Required action
The material below contains a line with "(tokens_more_lem n (lookup k m))" and a line with "none-HoldsAll = record". Copy exactly those two lines and all lines between them.

Segment Start: Material to process

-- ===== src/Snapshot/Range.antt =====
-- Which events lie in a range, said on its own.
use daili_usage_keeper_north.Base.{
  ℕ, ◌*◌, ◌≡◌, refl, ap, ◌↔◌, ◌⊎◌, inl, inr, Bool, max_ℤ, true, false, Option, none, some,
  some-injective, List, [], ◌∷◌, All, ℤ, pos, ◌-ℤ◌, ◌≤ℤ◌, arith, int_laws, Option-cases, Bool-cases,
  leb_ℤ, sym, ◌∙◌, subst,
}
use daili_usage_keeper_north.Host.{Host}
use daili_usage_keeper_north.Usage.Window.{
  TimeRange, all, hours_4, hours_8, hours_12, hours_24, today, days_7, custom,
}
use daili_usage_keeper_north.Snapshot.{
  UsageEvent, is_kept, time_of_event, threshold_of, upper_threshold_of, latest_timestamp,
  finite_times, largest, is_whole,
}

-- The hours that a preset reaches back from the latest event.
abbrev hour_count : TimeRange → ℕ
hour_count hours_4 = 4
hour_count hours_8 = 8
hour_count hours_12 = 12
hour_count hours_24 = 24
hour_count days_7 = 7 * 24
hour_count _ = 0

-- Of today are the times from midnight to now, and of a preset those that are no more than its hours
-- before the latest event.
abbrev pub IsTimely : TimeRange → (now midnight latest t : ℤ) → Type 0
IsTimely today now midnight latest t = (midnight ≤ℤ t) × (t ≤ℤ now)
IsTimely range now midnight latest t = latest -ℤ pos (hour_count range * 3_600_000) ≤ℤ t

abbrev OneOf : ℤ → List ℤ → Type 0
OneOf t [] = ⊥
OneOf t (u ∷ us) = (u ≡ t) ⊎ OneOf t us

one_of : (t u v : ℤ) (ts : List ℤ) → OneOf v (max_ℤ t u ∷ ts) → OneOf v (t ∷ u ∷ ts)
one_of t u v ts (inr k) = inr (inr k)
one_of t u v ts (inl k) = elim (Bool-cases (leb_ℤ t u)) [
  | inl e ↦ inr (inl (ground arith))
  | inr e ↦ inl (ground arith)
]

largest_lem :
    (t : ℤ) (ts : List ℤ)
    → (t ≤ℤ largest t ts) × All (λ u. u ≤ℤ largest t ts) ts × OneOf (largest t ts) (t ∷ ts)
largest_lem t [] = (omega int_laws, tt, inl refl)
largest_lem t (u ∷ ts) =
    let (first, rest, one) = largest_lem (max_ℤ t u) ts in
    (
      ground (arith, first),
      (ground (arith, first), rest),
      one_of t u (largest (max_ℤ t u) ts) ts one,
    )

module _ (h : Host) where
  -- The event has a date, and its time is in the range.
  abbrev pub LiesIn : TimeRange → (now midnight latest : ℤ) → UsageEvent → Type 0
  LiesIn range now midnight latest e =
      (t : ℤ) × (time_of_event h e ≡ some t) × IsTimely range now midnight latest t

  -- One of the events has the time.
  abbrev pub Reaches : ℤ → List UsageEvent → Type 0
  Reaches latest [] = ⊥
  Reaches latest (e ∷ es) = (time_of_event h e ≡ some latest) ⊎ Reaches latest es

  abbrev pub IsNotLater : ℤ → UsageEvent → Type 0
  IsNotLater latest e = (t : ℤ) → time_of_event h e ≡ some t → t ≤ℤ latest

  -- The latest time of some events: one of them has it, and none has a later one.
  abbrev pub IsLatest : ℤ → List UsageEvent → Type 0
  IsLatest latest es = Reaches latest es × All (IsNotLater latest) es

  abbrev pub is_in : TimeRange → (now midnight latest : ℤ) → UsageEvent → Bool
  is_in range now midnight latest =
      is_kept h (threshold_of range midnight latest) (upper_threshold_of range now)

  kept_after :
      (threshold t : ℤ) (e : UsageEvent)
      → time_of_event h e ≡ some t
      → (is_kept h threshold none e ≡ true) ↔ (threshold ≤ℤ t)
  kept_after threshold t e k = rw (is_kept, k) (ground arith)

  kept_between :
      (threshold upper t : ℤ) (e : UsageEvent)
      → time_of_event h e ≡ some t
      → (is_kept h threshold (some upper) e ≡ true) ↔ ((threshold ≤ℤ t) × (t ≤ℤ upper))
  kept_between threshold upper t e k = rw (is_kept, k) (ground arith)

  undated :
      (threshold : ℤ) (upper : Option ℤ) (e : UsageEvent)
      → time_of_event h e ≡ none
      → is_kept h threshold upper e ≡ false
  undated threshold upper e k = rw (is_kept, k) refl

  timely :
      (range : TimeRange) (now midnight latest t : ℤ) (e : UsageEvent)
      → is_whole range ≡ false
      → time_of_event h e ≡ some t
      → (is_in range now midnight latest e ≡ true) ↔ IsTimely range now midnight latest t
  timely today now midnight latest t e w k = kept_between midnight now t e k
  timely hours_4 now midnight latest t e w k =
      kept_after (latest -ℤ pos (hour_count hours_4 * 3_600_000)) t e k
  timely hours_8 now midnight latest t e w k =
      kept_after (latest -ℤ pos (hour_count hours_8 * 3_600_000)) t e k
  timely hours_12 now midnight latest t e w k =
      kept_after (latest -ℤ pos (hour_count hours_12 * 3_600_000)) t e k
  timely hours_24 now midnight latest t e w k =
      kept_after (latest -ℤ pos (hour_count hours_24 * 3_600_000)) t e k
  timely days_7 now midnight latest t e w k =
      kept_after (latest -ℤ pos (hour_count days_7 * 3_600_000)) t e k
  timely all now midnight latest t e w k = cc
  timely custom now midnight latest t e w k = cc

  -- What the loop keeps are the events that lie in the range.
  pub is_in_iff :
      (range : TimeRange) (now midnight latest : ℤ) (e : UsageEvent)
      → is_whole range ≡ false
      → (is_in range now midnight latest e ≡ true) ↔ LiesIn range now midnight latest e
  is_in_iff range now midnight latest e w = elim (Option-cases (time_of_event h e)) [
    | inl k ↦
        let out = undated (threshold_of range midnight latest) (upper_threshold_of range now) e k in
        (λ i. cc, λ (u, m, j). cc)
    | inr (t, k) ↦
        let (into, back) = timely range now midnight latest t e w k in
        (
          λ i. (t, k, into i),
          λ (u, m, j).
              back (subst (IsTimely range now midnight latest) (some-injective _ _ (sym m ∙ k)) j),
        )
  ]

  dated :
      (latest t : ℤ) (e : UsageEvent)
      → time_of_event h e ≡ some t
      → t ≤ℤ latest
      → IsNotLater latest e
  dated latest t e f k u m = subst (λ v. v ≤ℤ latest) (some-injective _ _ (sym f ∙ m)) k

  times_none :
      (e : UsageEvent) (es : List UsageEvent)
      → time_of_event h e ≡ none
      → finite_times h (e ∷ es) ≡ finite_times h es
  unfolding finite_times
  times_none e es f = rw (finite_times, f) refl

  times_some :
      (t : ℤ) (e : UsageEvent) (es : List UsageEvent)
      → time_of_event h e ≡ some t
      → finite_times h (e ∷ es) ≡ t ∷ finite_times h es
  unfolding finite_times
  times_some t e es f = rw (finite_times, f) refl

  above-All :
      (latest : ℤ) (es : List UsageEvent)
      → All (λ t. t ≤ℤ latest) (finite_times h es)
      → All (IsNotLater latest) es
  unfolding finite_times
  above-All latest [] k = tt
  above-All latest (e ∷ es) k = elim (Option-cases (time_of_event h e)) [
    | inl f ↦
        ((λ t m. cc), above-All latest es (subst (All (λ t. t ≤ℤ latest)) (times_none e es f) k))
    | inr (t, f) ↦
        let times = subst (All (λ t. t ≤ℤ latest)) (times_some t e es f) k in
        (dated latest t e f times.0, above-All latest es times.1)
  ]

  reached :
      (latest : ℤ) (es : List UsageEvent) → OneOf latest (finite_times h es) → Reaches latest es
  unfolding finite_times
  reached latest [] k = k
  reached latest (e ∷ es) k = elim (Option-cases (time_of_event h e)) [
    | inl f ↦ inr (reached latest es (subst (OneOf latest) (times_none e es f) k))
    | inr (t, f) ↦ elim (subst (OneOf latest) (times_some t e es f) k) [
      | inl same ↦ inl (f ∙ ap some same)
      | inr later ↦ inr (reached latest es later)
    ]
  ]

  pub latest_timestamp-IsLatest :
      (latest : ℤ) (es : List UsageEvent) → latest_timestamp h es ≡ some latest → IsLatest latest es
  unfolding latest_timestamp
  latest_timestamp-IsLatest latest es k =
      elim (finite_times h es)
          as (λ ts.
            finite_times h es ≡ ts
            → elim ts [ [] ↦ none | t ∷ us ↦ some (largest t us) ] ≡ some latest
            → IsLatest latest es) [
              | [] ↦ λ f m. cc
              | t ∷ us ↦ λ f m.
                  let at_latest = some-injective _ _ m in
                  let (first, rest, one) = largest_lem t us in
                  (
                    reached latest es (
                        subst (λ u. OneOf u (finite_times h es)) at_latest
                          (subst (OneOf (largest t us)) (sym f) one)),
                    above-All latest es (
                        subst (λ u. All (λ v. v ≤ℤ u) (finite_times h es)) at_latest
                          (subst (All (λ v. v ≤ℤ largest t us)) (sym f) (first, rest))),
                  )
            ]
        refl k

Segment End: Material to process
Segment Start: Material to process

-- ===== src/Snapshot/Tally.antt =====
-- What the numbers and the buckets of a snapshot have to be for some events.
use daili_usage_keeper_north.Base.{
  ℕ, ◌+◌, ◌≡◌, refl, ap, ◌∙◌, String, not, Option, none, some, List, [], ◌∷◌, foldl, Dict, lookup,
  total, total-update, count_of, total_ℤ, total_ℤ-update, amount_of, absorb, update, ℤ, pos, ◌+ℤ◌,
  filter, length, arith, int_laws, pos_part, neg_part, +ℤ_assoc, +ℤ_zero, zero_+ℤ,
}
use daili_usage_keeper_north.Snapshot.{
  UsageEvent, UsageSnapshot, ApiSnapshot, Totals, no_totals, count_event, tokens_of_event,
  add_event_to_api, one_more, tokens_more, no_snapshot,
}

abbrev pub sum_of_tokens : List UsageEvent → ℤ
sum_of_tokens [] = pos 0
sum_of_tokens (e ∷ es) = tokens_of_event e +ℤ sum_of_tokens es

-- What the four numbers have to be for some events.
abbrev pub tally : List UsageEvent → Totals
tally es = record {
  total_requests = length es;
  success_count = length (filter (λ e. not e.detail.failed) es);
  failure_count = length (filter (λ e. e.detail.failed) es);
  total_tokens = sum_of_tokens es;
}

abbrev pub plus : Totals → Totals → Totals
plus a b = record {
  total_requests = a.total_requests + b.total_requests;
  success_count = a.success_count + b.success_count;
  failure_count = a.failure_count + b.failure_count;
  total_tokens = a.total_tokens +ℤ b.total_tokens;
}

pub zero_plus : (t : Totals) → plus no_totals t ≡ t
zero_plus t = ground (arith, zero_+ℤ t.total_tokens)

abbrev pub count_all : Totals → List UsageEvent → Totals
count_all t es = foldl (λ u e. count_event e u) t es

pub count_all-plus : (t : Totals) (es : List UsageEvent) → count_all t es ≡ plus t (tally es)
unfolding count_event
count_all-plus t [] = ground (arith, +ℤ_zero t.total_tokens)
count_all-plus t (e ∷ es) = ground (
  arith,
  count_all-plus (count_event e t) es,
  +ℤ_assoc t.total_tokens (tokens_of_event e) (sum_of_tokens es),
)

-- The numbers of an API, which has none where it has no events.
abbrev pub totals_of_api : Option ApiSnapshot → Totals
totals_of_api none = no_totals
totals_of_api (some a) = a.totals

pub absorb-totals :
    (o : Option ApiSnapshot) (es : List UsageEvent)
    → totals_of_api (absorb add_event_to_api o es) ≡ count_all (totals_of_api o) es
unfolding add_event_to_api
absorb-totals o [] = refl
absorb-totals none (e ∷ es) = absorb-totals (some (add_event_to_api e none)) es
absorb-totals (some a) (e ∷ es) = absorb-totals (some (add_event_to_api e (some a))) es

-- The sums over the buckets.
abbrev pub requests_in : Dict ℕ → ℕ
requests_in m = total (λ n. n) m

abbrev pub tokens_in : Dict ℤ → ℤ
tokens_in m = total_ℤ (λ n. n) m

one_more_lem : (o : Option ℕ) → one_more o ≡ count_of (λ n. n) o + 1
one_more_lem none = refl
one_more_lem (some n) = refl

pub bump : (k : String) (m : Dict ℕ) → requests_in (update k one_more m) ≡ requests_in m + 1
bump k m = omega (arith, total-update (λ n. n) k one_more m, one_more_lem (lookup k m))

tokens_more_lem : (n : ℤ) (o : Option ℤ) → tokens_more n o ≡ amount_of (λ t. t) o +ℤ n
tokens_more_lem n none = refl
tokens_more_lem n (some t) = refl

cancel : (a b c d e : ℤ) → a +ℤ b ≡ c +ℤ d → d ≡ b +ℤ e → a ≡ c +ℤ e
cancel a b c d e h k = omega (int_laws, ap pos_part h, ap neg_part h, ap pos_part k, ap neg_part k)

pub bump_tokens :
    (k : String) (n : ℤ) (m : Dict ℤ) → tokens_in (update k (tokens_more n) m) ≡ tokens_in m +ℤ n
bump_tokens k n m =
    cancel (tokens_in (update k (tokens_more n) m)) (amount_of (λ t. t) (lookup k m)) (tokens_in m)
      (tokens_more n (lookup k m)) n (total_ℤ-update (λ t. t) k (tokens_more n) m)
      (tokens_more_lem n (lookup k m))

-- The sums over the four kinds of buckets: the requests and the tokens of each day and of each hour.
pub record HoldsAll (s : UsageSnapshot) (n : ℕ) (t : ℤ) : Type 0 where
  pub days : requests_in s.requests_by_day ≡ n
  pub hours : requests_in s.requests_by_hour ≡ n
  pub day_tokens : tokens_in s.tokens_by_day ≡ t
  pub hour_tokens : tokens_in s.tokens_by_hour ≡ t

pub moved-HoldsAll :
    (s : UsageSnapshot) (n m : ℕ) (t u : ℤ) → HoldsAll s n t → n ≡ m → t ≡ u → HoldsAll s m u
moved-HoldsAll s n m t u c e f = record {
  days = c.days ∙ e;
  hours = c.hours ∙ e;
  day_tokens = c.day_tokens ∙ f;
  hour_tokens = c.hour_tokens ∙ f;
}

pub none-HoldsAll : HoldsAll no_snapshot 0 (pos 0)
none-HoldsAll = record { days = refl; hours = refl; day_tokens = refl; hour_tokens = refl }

Segment End: Material to process

Solution for this problem
      (tokens_more_lem n (lookup k m))

-- The sums over the four kinds of buckets: the requests and the tokens of each day and of each hour.
pub record HoldsAll (s : UsageSnapshot) (n : ℕ) (t : ℤ) : Type 0 where
  pub days : requests_in s.requests_by_day ≡ n
  pub hours : requests_in s.requests_by_hour ≡ n
  pub day_tokens : tokens_in s.tokens_by_day ≡ t
  pub hour_tokens : tokens_in s.tokens_by_hour ≡ t

pub moved-HoldsAll :
    (s : UsageSnapshot) (n m : ℕ) (t u : ℤ) → HoldsAll s n t → n ≡ m → t ≡ u → HoldsAll s m u
moved-HoldsAll s n m t u c e f = record {
  days = c.days ∙ e;
  hours = c.hours ∙ e;
  day_tokens = c.day_tokens ∙ f;
  hour_tokens = c.hour_tokens ∙ f;
}

pub none-HoldsAll : HoldsAll no_snapshot 0 (pos 0)
none-HoldsAll = record { days = refl; hours = refl; day_tokens = refl; hour_tokens = refl }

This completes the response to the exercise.